Within the entries below, find the portion that opens with the line containing "-- Over any" and closes with the line containing "IsStep-keeps (view s)". Retype that portion exactly and only.

[Collection entries]
::::::

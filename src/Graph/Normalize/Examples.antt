-- ===== src/Graph/Normalize/Examples.antt =====
-- The theorems on inflow/graph_normalize.go at concrete graphs.
use morph_api.Prelude.{◌≡◌, refl, false, [], ◌∷◌, String}
use morph_api.Json.{null}
use morph_api.Graph.{at, below, Point, Node, Flow}
use morph_api.Graph.Normalize.{normalize_graph}
use morph_api.Graph.Normalize.Laws.{normalize_graph-IsPlaced}

abbrev origin : Point
origin = record { x = at 0; y = at 0 }

abbrev bare : String → Node
bare id = record {
  id = id;
  kind = "js";
  payload = null;
  position = origin;
  computed = origin;
  width = at 0;
  height = at 0;
  initialized = false;
}

abbrev drawn : Flow
drawn = record {
  nodes =
      record (bare "a") { computed = record { x = below 3; y = at 7 }; width = at 9; height = at 5 }
      ∷ [];
  edges = [];
  zoom = at 2;
}

abbrev headless : Flow
headless = record {
  nodes = bare "a" ∷ bare "b" ∷ bare "c" ∷ bare "d" ∷ bare "e" ∷ [];
  edges = [];
  zoom = at 0;
}

normalize_graph-IsPlaced_example : normalize_graph drawn ≡ drawn
normalize_graph-IsPlaced_example =
    normalize_graph-IsPlaced drawn (record { placed = refl; wide = refl; high = refl }, tt) refl
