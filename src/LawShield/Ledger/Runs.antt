-- ===== src/LawShield/Ledger/Runs.antt =====
-- What any sequence of requests to the processor of law-shield/lawshield/durable/processor.js keeps.
use mathlib.Core.Path.{subst}
use arma_partner_api_sandbox.Prelude.{
  String, Option, none, some, List, [], ◌∷◌, ◌≡◌, ◌⊎◌, inl, inr, refl, sym, ap, ◌∙◌, ◌==◌, Result,
  Bool-cases, eq_iff,
}
use arma_partner_api_sandbox.LawShield.Store.{Store, accepted}
use arma_partner_api_sandbox.LawShield.Envelope.{Platform, Envelope}
use arma_partner_api_sandbox.LawShield.Processor.{
  Request, Kind, duplicate_kind, accepted_kind, Outcome, ReceiptBody, receipt_of, receipt_in,
  kind_in,
}
use arma_partner_api_sandbox.LawShield.Processor.Decide.{process_transfer_request}
use arma_partner_api_sandbox.LawShield.Ledger.{
  Entry, Ledger, view, update, key_of, envelope_of, IsRefusal, an_error, a_refusal, IsAnswer,
  receipt, refusal, first_kind, IsStep, decided, repeated, refused,
}
use arma_partner_api_sandbox.LawShield.Ledger.Invariant.{IsValid}
use arma_partner_api_sandbox.LawShield.Ledger.Requests.{process_transfer_request-IsRefined}

-- the store after a sequence of requests
unfoldable pub run : Platform → List Request → Store → Store
run p [] s = s
run p (q ∷ qs) s = run p qs (process_transfer_request p q s).1

-- A step keeps every decision.
IsStep-keeps :
    (l : Ledger) (o : Option Envelope) (x : Result Outcome) (l' : Ledger) (k : String) (en : Entry)
    → IsStep l o x l'
    → l k ≡ some en
    → l' k ≡ some en
unfolding update
IsStep-keeps l _ x _ k en (decided e en' _ n t p a) h = elim (Bool-cases (key_of e == k)) [
  | inl same ↦ absurd (cc (n, h, (eq_iff (key_of e) k).0 same))
  | inr other ↦ rw other h
]
IsStep-keeps l _ x _ k en (repeated e en' _ g t p a) h = h
IsStep-keeps l _ x _ k en (refused o _ r) h = h

-- Over any sequence of requests a valid store stays valid and keeps the first decision on each key.
pub run-keeps :
    (p : Platform) (qs : List Request) (s : Store) (k : String) (en : Entry)
    → IsValid s
    → view s k ≡ some en
    → IsValid (run p qs s) × (view (run p qs s) k ≡ some en)
unfolding run
run-keeps p [] s k en v h = (v, h)
run-keeps p (q ∷ qs) s k en v h =
    let done = process_transfer_request-IsRefined p q s v in
    run-keeps p qs (process_transfer_request p q s).1 k en done.valid (
      IsStep-keeps (view s) (envelope_of p q) (process_transfer_request p q s).0 _ k en done.step h)

-- How a step gives a receipt: for a decision that accepts this transfer and payload, first or again.
record GivesReceipt (l : Ledger) (e : Envelope) (x : Result Outcome) (l' : Ledger) (r : ReceiptBody)
    : Type 0 where
  entry : Entry
  after : l' (key_of e) ≡ some entry
  transfer : entry.transfer_id ≡ e.transfer_id
  payload : entry.payload_hash ≡ e.payload_hash
  receipt_transfer : r.transfer_id ≡ entry.transfer_id
  receipt_payload : r.payload_hash ≡ entry.payload_hash
  how :
      ((l (key_of e) ≡ none) × (kind_in x ≡ some accepted_kind))
      ⊎ ((l (key_of e) ≡ some entry) × (kind_in x ≡ some duplicate_kind))

IsAnswer-receipt :
    (en : Entry) (k : Kind) (x : Result Outcome) (r : ReceiptBody)
    → IsAnswer en k x
    → receipt_in x ≡ some r
    → (en.outcome ≡ accepted)
      × (r.transfer_id ≡ en.transfer_id)
      × (r.payload_hash ≡ en.payload_hash)
      × (kind_in x ≡ some k)
unfolding receipt_in receipt_of kind_in
IsAnswer-receipt en k _ r (receipt _ _ r0 a t p) h =
    let same : r0 ≡ r = cc (h) in
    (a, ap (λ z. z.transfer_id) (sym same) ∙ t, ap (λ z. z.payload_hash) (sym same) ∙ p, refl)
IsAnswer-receipt en k _ r (refusal _ _ b n q) h = absurd (cc h)

IsRefusal-receipt : (x : Result Outcome) (r : ReceiptBody) → IsRefusal x → receipt_in x ≡ some r → ⊥
unfolding receipt_in receipt_of
IsRefusal-receipt _ r (an_error code) h = absurd (cc h)
IsRefusal-receipt _ r (a_refusal k n b e) h = absurd (cc h)

update_self : (l : Ledger) (k : String) (en : Entry) → update l k en k ≡ some en
unfolding update
update_self l k en = rw ((eq_iff k k).1 refl) refl

IsStep-GivesReceipt :
    (l : Ledger) (o : Option Envelope) (e : Envelope) (x : Result Outcome) (l' : Ledger)
    (r : ReceiptBody)
    → IsStep l o x l'
    → o ≡ some e
    → receipt_in x ≡ some r
    → GivesReceipt l e x l' r
unfolding first_kind
IsStep-GivesReceipt l _ e x _ r (decided e0 en _ n t p a) h g =
    let same : e0 ≡ e = cc (h) in
    let (acc, rt, rp, k) = IsAnswer-receipt en (first_kind en.outcome) x r a g in
    subst (λ z. GivesReceipt l z x (update l (key_of e0) en) r) same
      (record {
        entry = en;
        after = update_self l (key_of e0) en;
        transfer = t;
        payload = p;
        receipt_transfer = rt;
        receipt_payload = rp;
        how = inl (n, k ∙ ap (λ d. some (first_kind d)) acc);
      })
IsStep-GivesReceipt l _ e x _ r (repeated e0 en _ u t p a) h g =
    let same : e0 ≡ e = cc (h) in
    let (acc, rt, rp, k) = IsAnswer-receipt en duplicate_kind x r a g in
    subst (λ z. GivesReceipt l z x l r) same
      (record {
        entry = en;
        after = u;
        transfer = t;
        payload = p;
        receipt_transfer = rt;
        receipt_payload = rp;
        how = inr (u, k);
      })
IsStep-GivesReceipt l _ e x _ r (refused o _ i) h g = absurd (IsRefusal-receipt x r i g)

-- From a valid store: once a request has been answered with a receipt, any later request under its
-- idempotency key that is answered with one, whatever requests came between, is a duplicate: it is
-- for the same transfer and payload, and so is its receipt.
pub receipts_once :
    (p : Platform) (q q' : Request) (qs : List Request) (s : Store) (e e' : Envelope)
    (r r' : ReceiptBody)
    → IsValid s
    → envelope_of p q ≡ some e
    → receipt_in (process_transfer_request p q s).0 ≡ some r
    → envelope_of p q' ≡ some e'
    → key_of e' ≡ key_of e
    → let s' = run p qs (process_transfer_request p q s).1 in
      receipt_in (process_transfer_request p q' s').0 ≡ some r'
      → (kind_in (process_transfer_request p q' s').0 ≡ some duplicate_kind)
        × (e'.transfer_id ≡ e.transfer_id)
        × (e'.payload_hash ≡ e.payload_hash)
        × (r'.transfer_id ≡ r.transfer_id)
        × (r'.payload_hash ≡ r.payload_hash)
receipts_once p q q' qs s e e' r r' v h g h' k g' =
    let one = process_transfer_request-IsRefined p q s v in
    let first = IsStep-GivesReceipt _ _ e _ _ r one.step h g in
    let between = run-keeps p qs _ (key_of e) first.entry one.valid first.after in
    let two = process_transfer_request-IsRefined p q' _ between.0 in
    let second = IsStep-GivesReceipt _ _ e' _ _ r' two.step h' g' in
    let s' = run p qs (process_transfer_request p q s).1 in
    let known : view s' (key_of e') ≡ some first.entry = ap (view s') k ∙ between.1 in
    elim second.how [
      | inl new ↦ absurd (cc (new.0, known))
      | inr old ↦
          let same : second.entry ≡ first.entry = cc (old.0, known) in
          (
            old.1,
            sym second.transfer ∙ ap (λ z. z.transfer_id) same ∙ first.transfer,
            sym second.payload ∙ ap (λ z. z.payload_hash) same ∙ first.payload,
            second.receipt_transfer ∙ ap (λ z. z.transfer_id) same ∙ sym first.receipt_transfer,
            second.receipt_payload ∙ ap (λ z. z.payload_hash) same ∙ sym first.receipt_payload,
          )
    ]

::::::

> [Task solution]:
-- Over any sequence of requests a valid store stays valid and keeps the first decision on each key.
pub run-keeps :
    (p : Platform) (qs : List Request) (s : Store) (k : String) (en : Entry)
    → IsValid s
    → view s k ≡ some en
    → IsValid (run p qs s) × (view (run p qs s) k ≡ some en)
unfolding run
run-keeps p [] s k en v h = (v, h)
run-keeps p (q ∷ qs) s k en v h =
    let done = process_transfer_request-IsRefined p q s v in
    run-keeps p qs (process_transfer_request p q s).1 k en done.valid (
      IsStep-keeps (view s) (envelope_of p q) (process_transfer_request p q s).0 _ k en done.step h)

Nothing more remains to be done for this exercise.